▸ About this task: For the entries below, print exactly the lines between the line holding "let t = trim_space q in" and the line holding "-- The window that a step carries.", inclusive, and nothing else.

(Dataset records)
Start of Block
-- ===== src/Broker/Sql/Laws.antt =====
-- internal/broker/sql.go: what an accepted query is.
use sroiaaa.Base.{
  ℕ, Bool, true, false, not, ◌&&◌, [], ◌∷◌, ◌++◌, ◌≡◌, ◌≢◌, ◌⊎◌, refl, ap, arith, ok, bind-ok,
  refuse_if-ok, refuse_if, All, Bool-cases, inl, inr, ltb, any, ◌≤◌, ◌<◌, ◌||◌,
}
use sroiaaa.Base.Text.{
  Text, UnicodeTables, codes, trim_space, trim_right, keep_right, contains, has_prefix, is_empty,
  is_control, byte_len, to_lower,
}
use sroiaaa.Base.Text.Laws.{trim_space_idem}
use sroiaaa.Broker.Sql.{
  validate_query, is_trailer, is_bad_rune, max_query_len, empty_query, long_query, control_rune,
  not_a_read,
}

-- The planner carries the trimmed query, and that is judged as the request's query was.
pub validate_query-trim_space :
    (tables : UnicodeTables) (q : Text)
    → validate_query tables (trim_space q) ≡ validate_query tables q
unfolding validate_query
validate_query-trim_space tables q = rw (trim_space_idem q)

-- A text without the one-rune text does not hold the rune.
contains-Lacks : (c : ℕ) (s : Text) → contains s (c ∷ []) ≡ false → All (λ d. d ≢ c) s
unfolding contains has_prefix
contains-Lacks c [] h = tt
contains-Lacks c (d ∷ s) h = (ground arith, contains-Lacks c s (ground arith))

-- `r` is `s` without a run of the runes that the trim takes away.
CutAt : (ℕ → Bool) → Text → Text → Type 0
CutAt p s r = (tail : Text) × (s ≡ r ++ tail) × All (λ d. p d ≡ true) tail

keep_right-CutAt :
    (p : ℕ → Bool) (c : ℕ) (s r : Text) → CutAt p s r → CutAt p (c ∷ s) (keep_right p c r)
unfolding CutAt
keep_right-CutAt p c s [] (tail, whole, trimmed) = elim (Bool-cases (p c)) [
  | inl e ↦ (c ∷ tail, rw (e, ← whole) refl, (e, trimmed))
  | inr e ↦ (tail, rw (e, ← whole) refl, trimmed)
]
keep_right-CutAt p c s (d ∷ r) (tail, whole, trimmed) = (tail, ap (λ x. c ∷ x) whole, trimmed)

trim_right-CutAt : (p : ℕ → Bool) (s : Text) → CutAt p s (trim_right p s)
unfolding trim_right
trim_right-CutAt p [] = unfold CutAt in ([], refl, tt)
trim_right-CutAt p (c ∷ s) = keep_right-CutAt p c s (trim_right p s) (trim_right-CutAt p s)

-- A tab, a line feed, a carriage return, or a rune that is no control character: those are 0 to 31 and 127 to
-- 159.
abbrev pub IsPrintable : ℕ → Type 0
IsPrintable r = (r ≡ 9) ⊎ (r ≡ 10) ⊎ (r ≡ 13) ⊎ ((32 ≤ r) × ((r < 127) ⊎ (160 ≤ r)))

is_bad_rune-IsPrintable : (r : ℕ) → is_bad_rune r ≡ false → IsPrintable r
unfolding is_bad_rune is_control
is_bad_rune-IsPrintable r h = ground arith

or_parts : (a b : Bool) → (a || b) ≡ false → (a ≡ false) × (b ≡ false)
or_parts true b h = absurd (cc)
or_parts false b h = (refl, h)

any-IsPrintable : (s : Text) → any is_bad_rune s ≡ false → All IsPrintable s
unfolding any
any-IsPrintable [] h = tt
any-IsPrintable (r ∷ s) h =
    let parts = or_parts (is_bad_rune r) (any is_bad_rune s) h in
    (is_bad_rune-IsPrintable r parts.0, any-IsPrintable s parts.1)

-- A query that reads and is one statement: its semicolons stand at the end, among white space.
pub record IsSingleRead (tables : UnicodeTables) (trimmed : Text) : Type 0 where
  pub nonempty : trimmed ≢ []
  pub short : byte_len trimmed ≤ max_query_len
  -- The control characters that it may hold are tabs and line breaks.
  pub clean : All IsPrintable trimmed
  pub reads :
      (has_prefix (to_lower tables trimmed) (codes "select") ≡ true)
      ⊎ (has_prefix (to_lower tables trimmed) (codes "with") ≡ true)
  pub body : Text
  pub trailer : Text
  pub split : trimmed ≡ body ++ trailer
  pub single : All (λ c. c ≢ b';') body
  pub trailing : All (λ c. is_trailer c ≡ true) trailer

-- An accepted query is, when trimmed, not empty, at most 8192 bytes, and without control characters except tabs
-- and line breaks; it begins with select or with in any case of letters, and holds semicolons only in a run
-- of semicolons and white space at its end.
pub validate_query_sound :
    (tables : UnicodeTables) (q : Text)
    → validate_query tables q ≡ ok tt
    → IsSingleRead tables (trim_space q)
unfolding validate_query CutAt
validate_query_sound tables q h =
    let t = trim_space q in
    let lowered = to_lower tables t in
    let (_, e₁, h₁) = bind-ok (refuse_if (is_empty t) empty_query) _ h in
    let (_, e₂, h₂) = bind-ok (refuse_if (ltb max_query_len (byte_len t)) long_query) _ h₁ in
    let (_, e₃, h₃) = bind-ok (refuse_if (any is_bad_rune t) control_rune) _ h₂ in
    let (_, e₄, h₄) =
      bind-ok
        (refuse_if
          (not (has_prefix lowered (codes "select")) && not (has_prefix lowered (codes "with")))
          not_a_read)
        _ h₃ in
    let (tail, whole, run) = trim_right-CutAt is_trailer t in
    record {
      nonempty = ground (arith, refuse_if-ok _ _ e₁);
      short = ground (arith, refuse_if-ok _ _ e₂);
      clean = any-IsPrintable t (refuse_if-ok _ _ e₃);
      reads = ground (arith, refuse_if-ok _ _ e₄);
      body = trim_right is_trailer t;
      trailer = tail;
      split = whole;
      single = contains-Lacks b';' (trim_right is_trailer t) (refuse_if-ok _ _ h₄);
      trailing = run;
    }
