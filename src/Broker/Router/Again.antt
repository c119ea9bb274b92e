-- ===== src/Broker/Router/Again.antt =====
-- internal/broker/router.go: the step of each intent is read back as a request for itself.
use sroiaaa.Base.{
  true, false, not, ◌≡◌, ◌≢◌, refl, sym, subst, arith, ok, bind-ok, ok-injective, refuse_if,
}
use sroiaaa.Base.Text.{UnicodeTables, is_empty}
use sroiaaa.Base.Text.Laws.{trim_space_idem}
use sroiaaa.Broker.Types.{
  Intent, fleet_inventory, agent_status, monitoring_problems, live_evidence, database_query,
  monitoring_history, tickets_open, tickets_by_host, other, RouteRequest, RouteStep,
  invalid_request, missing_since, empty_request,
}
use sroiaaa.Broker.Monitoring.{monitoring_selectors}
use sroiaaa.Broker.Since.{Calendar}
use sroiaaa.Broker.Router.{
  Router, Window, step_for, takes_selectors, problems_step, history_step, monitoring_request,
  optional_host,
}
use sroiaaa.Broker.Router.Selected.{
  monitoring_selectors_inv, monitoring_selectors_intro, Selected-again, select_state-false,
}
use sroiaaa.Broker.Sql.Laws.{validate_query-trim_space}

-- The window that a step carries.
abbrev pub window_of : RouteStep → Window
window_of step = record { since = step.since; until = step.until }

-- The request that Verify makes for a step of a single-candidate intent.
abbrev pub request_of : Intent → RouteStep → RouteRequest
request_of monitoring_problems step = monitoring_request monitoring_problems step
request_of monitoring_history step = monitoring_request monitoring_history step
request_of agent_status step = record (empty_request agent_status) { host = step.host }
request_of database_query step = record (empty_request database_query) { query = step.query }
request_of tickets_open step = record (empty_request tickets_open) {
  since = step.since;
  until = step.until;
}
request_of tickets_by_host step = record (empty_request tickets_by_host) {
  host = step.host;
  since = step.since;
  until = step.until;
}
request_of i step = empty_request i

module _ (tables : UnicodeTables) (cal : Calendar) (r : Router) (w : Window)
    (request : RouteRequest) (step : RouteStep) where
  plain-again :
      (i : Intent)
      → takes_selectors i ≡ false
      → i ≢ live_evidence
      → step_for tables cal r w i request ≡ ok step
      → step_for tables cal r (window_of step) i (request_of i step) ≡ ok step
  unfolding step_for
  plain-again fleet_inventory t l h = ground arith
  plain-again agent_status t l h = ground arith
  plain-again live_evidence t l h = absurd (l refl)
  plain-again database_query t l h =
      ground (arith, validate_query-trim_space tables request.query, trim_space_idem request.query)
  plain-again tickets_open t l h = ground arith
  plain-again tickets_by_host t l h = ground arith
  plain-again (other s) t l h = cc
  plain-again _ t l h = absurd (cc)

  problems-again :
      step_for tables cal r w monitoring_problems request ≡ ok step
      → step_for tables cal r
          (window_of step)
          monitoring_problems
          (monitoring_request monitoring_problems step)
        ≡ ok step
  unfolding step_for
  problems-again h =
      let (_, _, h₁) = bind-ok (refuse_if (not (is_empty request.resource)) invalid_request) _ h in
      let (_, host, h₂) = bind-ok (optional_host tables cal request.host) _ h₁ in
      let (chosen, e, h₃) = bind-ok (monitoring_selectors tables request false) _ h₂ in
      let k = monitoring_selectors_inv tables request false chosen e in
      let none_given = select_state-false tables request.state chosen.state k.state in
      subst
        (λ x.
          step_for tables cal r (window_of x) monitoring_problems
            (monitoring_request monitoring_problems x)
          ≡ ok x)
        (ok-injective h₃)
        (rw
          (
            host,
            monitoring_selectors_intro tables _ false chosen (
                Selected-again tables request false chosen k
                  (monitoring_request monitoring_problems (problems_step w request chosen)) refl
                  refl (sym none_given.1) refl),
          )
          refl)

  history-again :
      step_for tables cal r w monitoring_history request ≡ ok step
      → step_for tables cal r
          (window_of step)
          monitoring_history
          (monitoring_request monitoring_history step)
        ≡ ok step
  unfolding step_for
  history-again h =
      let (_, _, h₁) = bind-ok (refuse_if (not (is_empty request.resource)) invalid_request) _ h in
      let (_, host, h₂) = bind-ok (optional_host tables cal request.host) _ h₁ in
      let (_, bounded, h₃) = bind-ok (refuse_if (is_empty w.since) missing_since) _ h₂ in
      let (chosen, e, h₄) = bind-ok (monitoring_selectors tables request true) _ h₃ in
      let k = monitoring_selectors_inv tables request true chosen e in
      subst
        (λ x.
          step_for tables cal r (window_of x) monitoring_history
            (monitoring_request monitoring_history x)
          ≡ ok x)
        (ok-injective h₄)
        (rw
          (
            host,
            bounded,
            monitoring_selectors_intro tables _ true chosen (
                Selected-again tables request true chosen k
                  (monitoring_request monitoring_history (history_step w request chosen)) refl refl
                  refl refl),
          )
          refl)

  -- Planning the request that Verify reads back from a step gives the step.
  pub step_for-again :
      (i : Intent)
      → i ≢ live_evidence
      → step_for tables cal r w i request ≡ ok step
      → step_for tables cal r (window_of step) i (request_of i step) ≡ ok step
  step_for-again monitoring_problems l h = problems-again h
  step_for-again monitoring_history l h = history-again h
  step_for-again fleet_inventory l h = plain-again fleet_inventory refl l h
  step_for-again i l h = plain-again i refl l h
End of Block
▸ Written solution:
    let t = trim_space q in
    let lowered = to_lower tables t in
    let (_, e₁, h₁) = bind-ok (refuse_if (is_empty t) empty_query) _ h in
    let (_, e₂, h₂) = bind-ok (refuse_if (ltb max_query_len (byte_len t)) long_query) _ h₁ in
    let (_, e₃, h₃) = bind-ok (refuse_if (any is_bad_rune t) control_rune) _ h₂ in
    let (_, e₄, h₄) =
      bind-ok
        (refuse_if
          (not (has_prefix lowered (codes "select")) && not (has_prefix lowered (codes "with")))
          not_a_read)
        _ h₃ in
    let (tail, whole, run) = trim_right-CutAt is_trailer t in
    record {
      nonempty = ground (arith, refuse_if-ok _ _ e₁);
      short = ground (arith, refuse_if-ok _ _ e₂);
      clean = any-IsPrintable t (refuse_if-ok _ _ e₃);
      reads = ground (arith, refuse_if-ok _ _ e₄);
      body = trim_right is_trailer t;
      trailer = tail;
      split = whole;
      single = contains-Lacks b';' (trim_right is_trailer t) (refuse_if-ok _ _ h₄);
      trailing = run;
    }
filename src/Broker/Router/Again.antt
repository c119ea9bb274b92e
-- ===== src/Broker/Router/Again.antt =====
-- internal/broker/router.go: the step of each intent is read back as a request for itself.
use sroiaaa.Base.{
  true, false, not, ◌≡◌, ◌≢◌, refl, sym, subst, arith, ok, bind-ok, ok-injective, refuse_if,
}
use sroiaaa.Base.Text.{UnicodeTables, is_empty}
use sroiaaa.Base.Text.Laws.{trim_space_idem}
use sroiaaa.Broker.Types.{
  Intent, fleet_inventory, agent_status, monitoring_problems, live_evidence, database_query,
  monitoring_history, tickets_open, tickets_by_host, other, RouteRequest, RouteStep,
  invalid_request, missing_since, empty_request,
}
use sroiaaa.Broker.Monitoring.{monitoring_selectors}
use sroiaaa.Broker.Since.{Calendar}
use sroiaaa.Broker.Router.{
  Router, Window, step_for, takes_selectors, problems_step, history_step, monitoring_request,
  optional_host,
}
use sroiaaa.Broker.Router.Selected.{
  monitoring_selectors_inv, monitoring_selectors_intro, Selected-again, select_state-false,
}
use sroiaaa.Broker.Sql.Laws.{validate_query-trim_space}

-- The window that a step carries.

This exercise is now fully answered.